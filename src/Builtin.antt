-- ===== src/Builtin.antt =====
-- lib/builtin.c: the built-in operations. Each reads its arguments from an activation record, and may
-- allocate a structured value at `p`. `none` is undefined behaviour: an `int` overflow, or an access
-- outside the record.
pub mod Containers
pub mod Elements
use bhuna.Prelude.{
  ℕ, zero, suc, ◌+◌, ◌-◌, ◌%◌, Bool, true, false, not, ◌&&◌, ◌||◌, Option, none, some, List, [],
  ◌∷◌, ◌==◌, if◌then◌else◌, ltb, length, get_elem?, set, ◌>>=◌,
}
use bhuna.Prelude.Int.{
  ℤ, pos, negsuc, ◌+ℤ◌, ◌-ℤ◌, ◌*ℤ◌, quot_ℤ, rem_ℤ, ltb_ℤ, leb_ℤ, eqb_ℤ, is_int, pos_part,
}
use bhuna.Value.{Value, null, integer, boolean, opaque, structured, Kind, Closure, Text}
use bhuna.Dict.{Dict, KeyEquality, dict_fetch, dict_store}
use bhuna.Memory.{
  Payload, list, closure, dict, SValue, Activation, Memory, update, value_new_error, value_new_list,
  value_new_dict, activation_get_value,
}
use bhuna.Memory.Equal.{value_keys}

-- "type mismatch", "division by zero", "modulo by zero", "out of bounds", "no such element" and
-- "number of arguments must be even", character by character.
abbrev pub type_mismatch : Text
type_mismatch = 116 ∷ 121 ∷ 112 ∷ 101 ∷ 32 ∷ 109 ∷ 105 ∷ 115 ∷ 109 ∷ 97 ∷ 116 ∷ 99 ∷ 104 ∷ []

abbrev pub division_by_zero : Text
division_by_zero =
    100 ∷ 105 ∷ 118 ∷ 105 ∷ 115 ∷ 105 ∷ 111 ∷ 110 ∷ 32 ∷ 98 ∷ 121 ∷ 32 ∷ 122 ∷ 101 ∷ 114 ∷ 111 ∷ []

abbrev pub modulo_by_zero : Text
modulo_by_zero = 109 ∷ 111 ∷ 100 ∷ 117 ∷ 108 ∷ 111 ∷ 32 ∷ 98 ∷ 121 ∷ 32 ∷ 122 ∷ 101 ∷ 114 ∷ 111 ∷ []

abbrev pub out_of_bounds : Text
out_of_bounds = 111 ∷ 117 ∷ 116 ∷ 32 ∷ 111 ∷ 102 ∷ 32 ∷ 98 ∷ 111 ∷ 117 ∷ 110 ∷ 100 ∷ 115 ∷ []

abbrev pub no_such_element : Text
no_such_element =
    110 ∷ 111 ∷ 32 ∷ 115 ∷ 117 ∷ 99 ∷ 104 ∷ 32 ∷ 101 ∷ 108 ∷ 101 ∷ 109 ∷ 101 ∷ 110 ∷ 116 ∷ []

abbrev pub must_be_even : Text
must_be_even =
    110 ∷ 117 ∷ 109 ∷ 98 ∷ 101 ∷ 114 ∷ 32 ∷ 111 ∷ 102 ∷ 32 ∷ 97 ∷ 114 ∷ 103 ∷ 117 ∷ 109 ∷ 101 ∷ 110
    ∷ 116 ∷ 115 ∷ 32 ∷ 109 ∷ 117 ∷ 115 ∷ 116 ∷ 32 ∷ 98 ∷ 101 ∷ 32 ∷ 101 ∷ 118 ∷ 101 ∷ 110 ∷ []

-- What an operation on values comes to: a value, or a new error.
pub data Answer : Type 0 where
  value : Value → Answer
  error : Text → Answer

unfoldable pub answer : ℕ → Answer → Memory → Value × Memory
answer p (value v) m = (v, m)
answer p (error e) m = value_new_error p e m

-- The `int` that C computes, if it is one.
unfoldable pub int_result : ℤ → Option Answer
int_result z = if is_int z then some (value (integer z)) else none

unfoldable pub divide : ℤ → ℤ → Option Answer
unfolding int_result
divide i j = if eqb_ℤ j (pos 0) then some (error division_by_zero) else int_result (quot_ℤ i j)

-- C defines the remainder where it defines the quotient.
unfoldable pub modulo : ℤ → ℤ → Option Answer
modulo i j =
    if eqb_ℤ j (pos 0)
    then some (error modulo_by_zero)
    else if is_int (quot_ℤ i j)
    then some (value (integer (rem_ℤ i j)))
    else none

abbrev pub test : Bool → Option Answer
test b = some (value (boolean b))

-- The checks of the tags that the operations share.
abbrev pub on_integers : (ℤ → ℤ → Option Answer) → Value → Value → Option Answer
on_integers f (integer i) (integer j) = f i j
on_integers f _ _ = some (error type_mismatch)

abbrev pub on_booleans : (Bool → Bool → Option Answer) → Value → Value → Option Answer
on_booleans f (boolean a) (boolean b) = f a b
on_booleans f _ _ = some (error type_mismatch)

-- A function of `struct builtin`: the address for a new value, the record and the heap.
abbrev pub Function : Type 0
Function = ℕ → ℕ → Memory → Option (Value × Memory)

-- Reading the two arguments, and returning.
abbrev pub binary : (Value → Value → Option Answer) → Function
binary f p ar m = activation_get_value (some ar) 0 0 m >>= λ l.
    activation_get_value (some ar) 1 0 m >>= λ r. f l r >>= λ a. some (answer p a m)

abbrev pub negate : Value → Option Answer
negate (boolean b) = test (not b)
negate _ = some (error type_mismatch)

unfoldable pub builtin_not : Function
builtin_not p ar m =
    activation_get_value (some ar) 0 0 m >>= λ q. negate q >>= λ a. some (answer p a m)

unfoldable pub builtin_and : Function
builtin_and = binary (on_booleans λ a b. test (a && b))

unfoldable pub builtin_or : Function
builtin_or = binary (on_booleans λ a b. test (a || b))

abbrev pub same : Value → Value → Option Answer
same (integer i) (integer j) = test (eqb_ℤ i j)
same (opaque p) (opaque q) = test (p == q)
same _ _ = some (error type_mismatch)

unfoldable pub builtin_equ : Function
builtin_equ = binary same

unfoldable pub builtin_neq : Function
builtin_neq = binary (on_integers λ i j. test (not (eqb_ℤ i j)))

unfoldable pub builtin_gt : Function
builtin_gt = binary (on_integers λ i j. test (ltb_ℤ j i))

unfoldable pub builtin_lt : Function
builtin_lt = binary (on_integers λ i j. test (ltb_ℤ i j))

unfoldable pub builtin_gte : Function
builtin_gte = binary (on_integers λ i j. test (leb_ℤ j i))

unfoldable pub builtin_lte : Function
builtin_lte = binary (on_integers λ i j. test (leb_ℤ i j))

unfoldable pub builtin_add : Function
builtin_add = binary (on_integers λ i j. int_result (i +ℤ j))

unfoldable pub builtin_mul : Function
builtin_mul = binary (on_integers λ i j. int_result (i *ℤ j))

unfoldable pub builtin_sub : Function
builtin_sub = binary (on_integers λ i j. int_result (i -ℤ j))

unfoldable pub builtin_div : Function
builtin_div = binary (on_integers divide)

unfoldable pub builtin_mod : Function
builtin_mod = binary (on_integers modulo)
▬▬▬
● DIRECTIONS FOR THIS TASK
Return all of the data above, keeping every line exactly as it appears.

● RESULT
filename src/Builtin.antt
-- ===== src/Builtin.antt =====
-- lib/builtin.c: the built-in operations. Each reads its arguments from an activation record, and may
-- allocate a structured value at `p`. `none` is undefined behaviour: an `int` overflow, or an access
-- outside the record.
pub mod Containers
pub mod Elements
use bhuna.Prelude.{
  ℕ, zero, suc, ◌+◌, ◌-◌, ◌%◌, Bool, true, false, not, ◌&&◌, ◌||◌, Option, none, some, List, [],
  ◌∷◌, ◌==◌, if◌then◌else◌, ltb, length, get_elem?, set, ◌>>=◌,
}
use bhuna.Prelude.Int.{
  ℤ, pos, negsuc, ◌+ℤ◌, ◌-ℤ◌, ◌*ℤ◌, quot_ℤ, rem_ℤ, ltb_ℤ, leb_ℤ, eqb_ℤ, is_int, pos_part,
}
use bhuna.Value.{Value, null, integer, boolean, opaque, structured, Kind, Closure, Text}
use bhuna.Dict.{Dict, KeyEquality, dict_fetch, dict_store}
use bhuna.Memory.{
  Payload, list, closure, dict, SValue, Activation, Memory, update, value_new_error, value_new_list,
  value_new_dict, activation_get_value,
}
use bhuna.Memory.Equal.{value_keys}

-- "type mismatch", "division by zero", "modulo by zero", "out of bounds", "no such element" and
-- "number of arguments must be even", character by character.
abbrev pub type_mismatch : Text
type_mismatch = 116 ∷ 121 ∷ 112 ∷ 101 ∷ 32 ∷ 109 ∷ 105 ∷ 115 ∷ 109 ∷ 97 ∷ 116 ∷ 99 ∷ 104 ∷ []

abbrev pub division_by_zero : Text
division_by_zero =
    100 ∷ 105 ∷ 118 ∷ 105 ∷ 115 ∷ 105 ∷ 111 ∷ 110 ∷ 32 ∷ 98 ∷ 121 ∷ 32 ∷ 122 ∷ 101 ∷ 114 ∷ 111 ∷ []

abbrev pub modulo_by_zero : Text
modulo_by_zero = 109 ∷ 111 ∷ 100 ∷ 117 ∷ 108 ∷ 111 ∷ 32 ∷ 98 ∷ 121 ∷ 32 ∷ 122 ∷ 101 ∷ 114 ∷ 111 ∷ []

abbrev pub out_of_bounds : Text
out_of_bounds = 111 ∷ 117 ∷ 116 ∷ 32 ∷ 111 ∷ 102 ∷ 32 ∷ 98 ∷ 111 ∷ 117 ∷ 110 ∷ 100 ∷ 115 ∷ []

abbrev pub no_such_element : Text
no_such_element =
    110 ∷ 111 ∷ 32 ∷ 115 ∷ 117 ∷ 99 ∷ 104 ∷ 32 ∷ 101 ∷ 108 ∷ 101 ∷ 109 ∷ 101 ∷ 110 ∷ 116 ∷ []

abbrev pub must_be_even : Text
must_be_even =
    110 ∷ 117 ∷ 109 ∷ 98 ∷ 101 ∷ 114 ∷ 32 ∷ 111 ∷ 102 ∷ 32 ∷ 97 ∷ 114 ∷ 103 ∷ 117 ∷ 109 ∷ 101 ∷ 110
    ∷ 116 ∷ 115 ∷ 32 ∷ 109 ∷ 117 ∷ 115 ∷ 116 ∷ 32 ∷ 98 ∷ 101 ∷ 32 ∷ 101 ∷ 118 ∷ 101 ∷ 110 ∷ []

-- What an operation on values comes to: a value, or a new error.
pub data Answer : Type 0 where
  value : Value → Answer
  error : Text → Answer

unfoldable pub answer : ℕ → Answer → Memory → Value × Memory
answer p (value v) m = (v, m)
answer p (error e) m = value_new_error p e m

-- The `int` that C computes, if it is one.
unfoldable pub int_result : ℤ → Option Answer
int_result z = if is_int z then some (value (integer z)) else none

unfoldable pub divide : ℤ → ℤ → Option Answer
unfolding int_result
divide i j = if eqb_ℤ j (pos 0) then some (error division_by_zero) else int_result (quot_ℤ i j)

-- C defines the remainder where it defines the quotient.
unfoldable pub modulo : ℤ → ℤ → Option Answer
modulo i j =
    if eqb_ℤ j (pos 0)
    then some (error modulo_by_zero)
    else if is_int (quot_ℤ i j)
    then some (value (integer (rem_ℤ i j)))
    else none

abbrev pub test : Bool → Option Answer
test b = some (value (boolean b))

-- The checks of the tags that the operations share.
abbrev pub on_integers : (ℤ → ℤ → Option Answer) → Value → Value → Option Answer
on_integers f (integer i) (integer j) = f i j
on_integers f _ _ = some (error type_mismatch)

abbrev pub on_booleans : (Bool → Bool → Option Answer) → Value → Value → Option Answer
on_booleans f (boolean a) (boolean b) = f a b
on_booleans f _ _ = some (error type_mismatch)

-- A function of `struct builtin`: the address for a new value, the record and the heap.
abbrev pub Function : Type 0
Function = ℕ → ℕ → Memory → Option (Value × Memory)

-- Reading the two arguments, and returning.
abbrev pub binary : (Value → Value → Option Answer) → Function
binary f p ar m = activation_get_value (some ar) 0 0 m >>= λ l.
    activation_get_value (some ar) 1 0 m >>= λ r. f l r >>= λ a. some (answer p a m)

abbrev pub negate : Value → Option Answer
negate (boolean b) = test (not b)
negate _ = some (error type_mismatch)

unfoldable pub builtin_not : Function
builtin_not p ar m =
    activation_get_value (some ar) 0 0 m >>= λ q. negate q >>= λ a. some (answer p a m)

unfoldable pub builtin_and : Function
builtin_and = binary (on_booleans λ a b. test (a && b))

unfoldable pub builtin_or : Function
builtin_or = binary (on_booleans λ a b. test (a || b))

abbrev pub same : Value → Value → Option Answer
same (integer i) (integer j) = test (eqb_ℤ i j)
same (opaque p) (opaque q) = test (p == q)
same _ _ = some (error type_mismatch)

unfoldable pub builtin_equ : Function
builtin_equ = binary same

unfoldable pub builtin_neq : Function
builtin_neq = binary (on_integers λ i j. test (not (eqb_ℤ i j)))

unfoldable pub builtin_gt : Function
builtin_gt = binary (on_integers λ i j. test (ltb_ℤ j i))

unfoldable pub builtin_lt : Function
builtin_lt = binary (on_integers λ i j. test (ltb_ℤ i j))

unfoldable pub builtin_gte : Function
builtin_gte = binary (on_integers λ i j. test (leb_ℤ j i))

unfoldable pub builtin_lte : Function
builtin_lte = binary (on_integers λ i j. test (leb_ℤ i j))

unfoldable pub builtin_add : Function
builtin_add = binary (on_integers λ i j. int_result (i +ℤ j))

unfoldable pub builtin_mul : Function
builtin_mul = binary (on_integers λ i j. int_result (i *ℤ j))

unfoldable pub builtin_sub : Function
builtin_sub = binary (on_integers λ i j. int_result (i -ℤ j))

unfoldable pub builtin_div : Function
builtin_div = binary (on_integers divide)

unfoldable pub builtin_mod : Function
builtin_mod = binary (on_integers modulo)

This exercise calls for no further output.